Le think tank Momagri en est convaincu : sa proposition de réforme de la Pac basée sur des aides contracycliques plutôt que des aides fixes est judicieuse sur les fronts macro et microéconomique. Chiffres à l’appui, il appelle l’Europe à faire preuve d’audace.
Après avoir présenté en octobre dernier à Jean-Claude Juncker et aux responsables européens sa proposition de réforme de la Pac (1), Momagri, le think tank créé à l’initiative des coopératives, attirait l’attention des candidats à l’élection présidentielle et les États membres sur son projet alternatif de Pac, à l’occasion d’une conférence de presse le 4 avril. Son système est articulé autour d’un « dispositif contracyclique pour assurer un revenu minimal en période de crise », d’aides spécifiques conjoncturelles et/ou structurelles et d’un « appui assurantiel » garantissant un prix couvrant les coûts de revient à l’agriculteur.

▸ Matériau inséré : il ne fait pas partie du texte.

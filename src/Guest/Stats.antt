-- ===== src/Guest/Stats.antt =====
-- The samples of the agent (guest-agent/src/stats.rs, proc_stats.rs). An addition or a product of
-- u64 wraps around, as in a release build.
pub mod Share
use firecracker_lab.Prelude.{
  Text, codes, ℕ, ◌+◌, ◌-◌, ◌*◌, ◌/◌, ◌%◌, ◌^◌, Bool, true, false, ◌&&◌, Option, none, some, List,
  [], ◌∷◌, ◌++◌, ◌==◌, nat_eq, ltb, leb, ◌≡◌, refl, ℕ_discrete, if◌then◌else◌,
}
use firecracker_lab.Prelude.Lists.{length, drop}
use firecracker_lab.Strings.{has_prefix, fields, trim_space, split_on}
use firecracker_lab.Guest.Machine.{Stats}

-- The value of digits behind `acc`, if there is nothing else.
unfoldable pub all_digits : ℕ → Text → Option ℕ
all_digits acc [] = some acc
all_digits acc (c ∷ s) =
    let rest = all_digits (acc * 10 + (c - b'0')) s in
    if leb b'0' c && leb c b'9' then rest else none

fitting : Option ℕ → Option ℕ
fitting none = none
fitting (some n) = if ltb n (2 ^ 64) then some n else none

unsigned : Text → Option ℕ
unfolding fitting
unsigned [] = none
unsigned (c ∷ s) = fitting (all_digits 0 (c ∷ s))

-- `parse::<u64>()`, which takes a plus sign.
unfoldable pub parse_u64 : Text → Option ℕ
unfolding unsigned
parse_u64 [] = none
parse_u64 (c ∷ s) = if c == b'+' then unsigned s else unsigned (c ∷ s)

kept : Option ℕ → List ℕ → List ℕ
kept none ns = ns
kept (some n) ns = n ∷ ns

-- `filter_map(|f| f.parse().ok())`
unfoldable pub parsed : List Text → List ℕ
unfolding kept
parsed [] = []
parsed (f ∷ fs) = kept (parse_u64 f) (parsed fs)

unfoldable pub sum_u64 : ℕ → List ℕ → ℕ
sum_u64 acc [] = acc
sum_u64 acc (n ∷ ns) = sum_u64 ((acc + n) % 2 ^ 64) ns

iowait : List ℕ → ℕ
iowait [] = 0
iowait (n ∷ ns) = n

-- The sum of the fields, and idle with iowait; `none` for a line of fewer than four numbers.
unfoldable pub cpu_ticks : List ℕ → Option (ℕ × ℕ)
unfolding iowait
cpu_ticks (a ∷ b ∷ c ∷ idle ∷ ns) =
    some (sum_u64 0 (a ∷ b ∷ c ∷ idle ∷ ns), (idle + iowait ns) % 2 ^ 64)
cpu_ticks _ = none

-- `lines().next()`
first_line : Text → Text
first_line [] = []
first_line (c ∷ s) = let rest = first_line s in if c == 0x0a then [] else c ∷ rest

-- Of the contents of /proc/stat; an empty file has no fields either.
unfoldable pub read_cpu_ticks : Text → Option (ℕ × ℕ)
unfolding first_line
read_cpu_ticks contents = cpu_ticks (parsed (drop 1 (fields (first_line contents))))

-- Whether a text is ` kB` any number of times.
is_units : Text → Bool
is_units [] = true
is_units (a ∷ b ∷ c ∷ s) = (a == b' ') && (b == b'k') && (c == b'B') && is_units s
is_units _ = false

-- `trim_end_matches(" kB")`
unfoldable pub trim_units : Text → Text
unfolding is_units
trim_units [] = []
trim_units (c ∷ s) = let rest = trim_units s in if is_units (c ∷ s) then [] else c ∷ rest

in_bytes : Option ℕ → Option ℕ
in_bytes none = none
in_bytes (some kb) = some (kb * 1024 % 2 ^ 64)

unfoldable pub mem_available : List Text → Option ℕ
unfolding in_bytes
mem_available [] = none
mem_available (line ∷ lines) =
    let rest = mem_available lines in
    if has_prefix line (codes "MemAvailable:")
    then in_bytes (parse_u64 (trim_space (trim_units (trim_space (drop 13 line)))))
    else rest

-- Of the contents of /proc/meminfo; the empty line behind the last newline has no effect.
unfoldable pub read_mem_available_bytes : Text → Option ℕ
unfolding mem_available
read_mem_available_bytes contents = mem_available (split_on 0x0a contents)

-- `Stats::new()`
unfoldable pub new : Stats
new = record {
  status = 0;
  cpu_pct = 0;
  mem_available_bytes = 0;
  last_beat = 0;
  prev_cpu_total = 0;
  prev_cpu_idle = 0;
}

-- `beat()` at the given Unix time.
unfoldable pub beat : ℕ → Stats → Stats
beat now s = record s { last_beat = now }

-- The percentage of `total_delta` ticks that were not idle.
unfoldable pub busy_pct : ℕ → ℕ → ℕ
busy_pct total_delta idle_delta = 100 * (total_delta - idle_delta) % 2 ^ 64 / total_delta

unfoldable pub ticked : Option (ℕ × ℕ) → Stats → Stats
ticked none s = s
ticked (some (total, idle)) s = record s {
  prev_cpu_total = total;
  prev_cpu_idle = idle;
  cpu_pct =
      if ltb 0 (total - s.prev_cpu_total)
      then busy_pct (total - s.prev_cpu_total) (idle - s.prev_cpu_idle)
      else s.cpu_pct;
}

available : Option ℕ → Stats → Stats
available none s = s
available (some bytes) s = record s { mem_available_bytes = bytes }

-- A file that cannot be read is `none`.
contents_of : {A : Type 0} → (Text → Option A) → Option Text → Option A
contents_of f none = none
contents_of f (some contents) = f contents

-- `sample()`, at the given time, with the contents of /proc/stat and /proc/meminfo.
unfoldable pub sample : ℕ → Option Text → Option Text → Stats → Stats
unfolding contents_of available
sample now stat meminfo s =
    available (contents_of read_mem_available_bytes meminfo)
      (ticked (contents_of read_cpu_ticks stat) (beat now s))

test_ticks : read_cpu_ticks (codes "cpu  10 0 20 60 5 0\ncpu0 1 2 3 4\n") ≡ some (95, 65)
unfolding read_cpu_ticks ℕ_discrete fields cpu_ticks parsed parse_u64 all_digits sum_u64
test_ticks = refl

test_meminfo :
    read_mem_available_bytes (codes "MemFree: 1 kB\nMemAvailable:     204 kB\n") ≡ some 208896
unfolding read_mem_available_bytes split_on has_prefix trim_units trim_space parse_u64 all_digits
    ℕ_discrete
test_meminfo = refl
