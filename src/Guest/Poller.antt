-- ===== src/Guest/Poller.antt =====
-- The descriptors that the main loop waits for (guest-agent/src/scheduler/epoll.rs), and their
-- tags (boot/signals.rs).
pub mod Interest
use firecracker_lab.Prelude.{
  ℕ, Bool, true, false, Option, none, some, List, [], ◌∷◌, ◌==◌, nat_eq, map, if◌then◌else◌,
}
use firecracker_lab.Guest.Machine.{
  SignalSource, signal, vsock_listen, pty_vsock_listen, timer, Errno, exist, noent, epoll_add,
  epoll_modify, epoll_delete, Kernel, Machine, Reply, done, Action, pure, sys, sys_answer, failing,
  ◌>>=◌, ◌>>◌,
}

-- `source as u64`
unfoldable pub as_u64 : SignalSource → ℕ
as_u64 signal = 1
as_u64 vsock_listen = 2
as_u64 pty_vsock_listen = 3
as_u64 timer = 4

unfoldable pub from_u64 : ℕ → Option SignalSource
from_u64 v =
    if v == 1
    then some signal
    else if v == 2
    then some vsock_listen
    else if v == 3
    then some pty_vsock_listen
    else if v == 4
    then some timer
    else none

-- The first entry of the descriptor has its tag set; without one, an entry is pushed.
unfoldable pub set_tag : SignalSource → ℕ → List (SignalSource × ℕ) → List (SignalSource × ℕ)
set_tag tag fd [] = (tag, fd) ∷ []
set_tag tag fd ((t, raw) ∷ l) =
    let rest = set_tag tag fd l in if raw == fd then (tag, raw) ∷ l else (t, raw) ∷ rest

-- `retain(|(_, r)| *r != raw)`
unfoldable pub retain_others : ℕ → List (SignalSource × ℕ) → List (SignalSource × ℕ)
retain_others fd [] = []
retain_others fd ((t, raw) ∷ l) =
    let rest = retain_others fd l in if raw == fd then rest else (t, raw) ∷ rest

unfoldable pub registering : (List (SignalSource × ℕ) → List (SignalSource × ℕ)) → Action (Unit {0})
registering f m = (done tt, record m { registered = f m.registered })

-- What `get_events` gives for the data of the events.
unfoldable pub get_events : List ℕ → List (Option SignalSource)
get_events = map from_u64

module _ (kernel : Kernel) where
  -- From the answer to `epoll::add` on.
  unfoldable pub or_modify : SignalSource → ℕ → Option Errno → Action (Unit {0})
  or_modify tag fd none = pure tt
  or_modify tag fd (some exist) = sys kernel (failing kernel []) (epoll_modify fd (as_u64 tag))
  or_modify tag fd (some e) = λ m. (failing kernel [] e, m)

  unfoldable pub add_epoll : SignalSource → ℕ → Action (Unit {0})
  unfolding or_modify registering
  add_epoll tag fd = do
    answer ← sys_answer kernel (epoll_add fd (as_u64 tag))
    or_modify tag fd answer
    registering (set_tag tag fd)

  unfoldable pub add_all : List (SignalSource × ℕ) → Action (Unit {0})
  add_all [] = pure tt
  add_all ((tag, fd) ∷ specs) = do add_epoll tag fd; add_all specs

  unfoldable pub unless_noent : Errno → Reply (Unit {0})
  unless_noent noent = done tt
  unless_noent e = failing kernel [] e

  unfoldable pub remove_epoll : ℕ → Action (Unit {0})
  unfolding unless_noent registering
  remove_epoll fd = do sys kernel unless_noent (epoll_delete fd); registering (retain_others fd)

  delete_each : List (SignalSource × ℕ) → Action (Unit {0})
  delete_each [] = pure tt
  delete_each ((tag, fd) ∷ l) = do sys kernel (λ _. done tt) (epoll_delete fd); delete_each l

  unfoldable pub purge_all : Action (Unit {0})
  unfolding delete_each registering
  purge_all = do
    registered ← λ m. (done m.registered, m)
    delete_each registered
    registering (λ _. [])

Un effort budgétaire public moindre
Au niveau européen, la Pac Momagri, sur le temps long, coûte moins cher en aides publiques. Selon le think tank, même si certaines années – quand les cours des matières premières sont faibles – les aides publiques sont hautes, sur le long terme, son modèle permettrait d’économiser. Entre 2011 et 2020, 63 Mrd € pourraient être économisés affirme Momagri. Dans un contexte où « le budget de la Pac ne va pas augmenter, il faut optimiser au maximum » les moyens disponibles, argumente Christian Pèes, président de Momagri. Et pour ceux qui douteraient de l’euro-compatibilité du projet, Momagri a planché sur le sujet, épluché les traités et règlements européens : la « Pac Momagri » est bien compatible avec le droit européen en vigueur, affirme le think tank. La possibilité de définir à mi-année N un budget rectificatif, qui vient corriger le projet de budget initial (fixé entre septembre et décembre de l’année N-1 pour l’année N) limite de fait les risques de reports budgétaires sur l’année N + 1, explique Momagri.
Des revenus plus stables pour les agriculteurs
À l’échelle de l’exploitation, l’avantage de ce système est de stabiliser le revenu. Il donne de la visibilité aux agriculteurs pour gérer au mieux leurs investissements et évite ainsi les crises que l’on a connues ces dernières années. Pour confirmer ses dires, Momagri a réalisé, avec l’aide des Jeunes agriculteurs et de certaines FDSEA, une simulation de son projet basée sur les comptabilités réelles de 660 exploitations céréalières dans la Marne et 2 600 fermes laitières dans le Grand Ouest.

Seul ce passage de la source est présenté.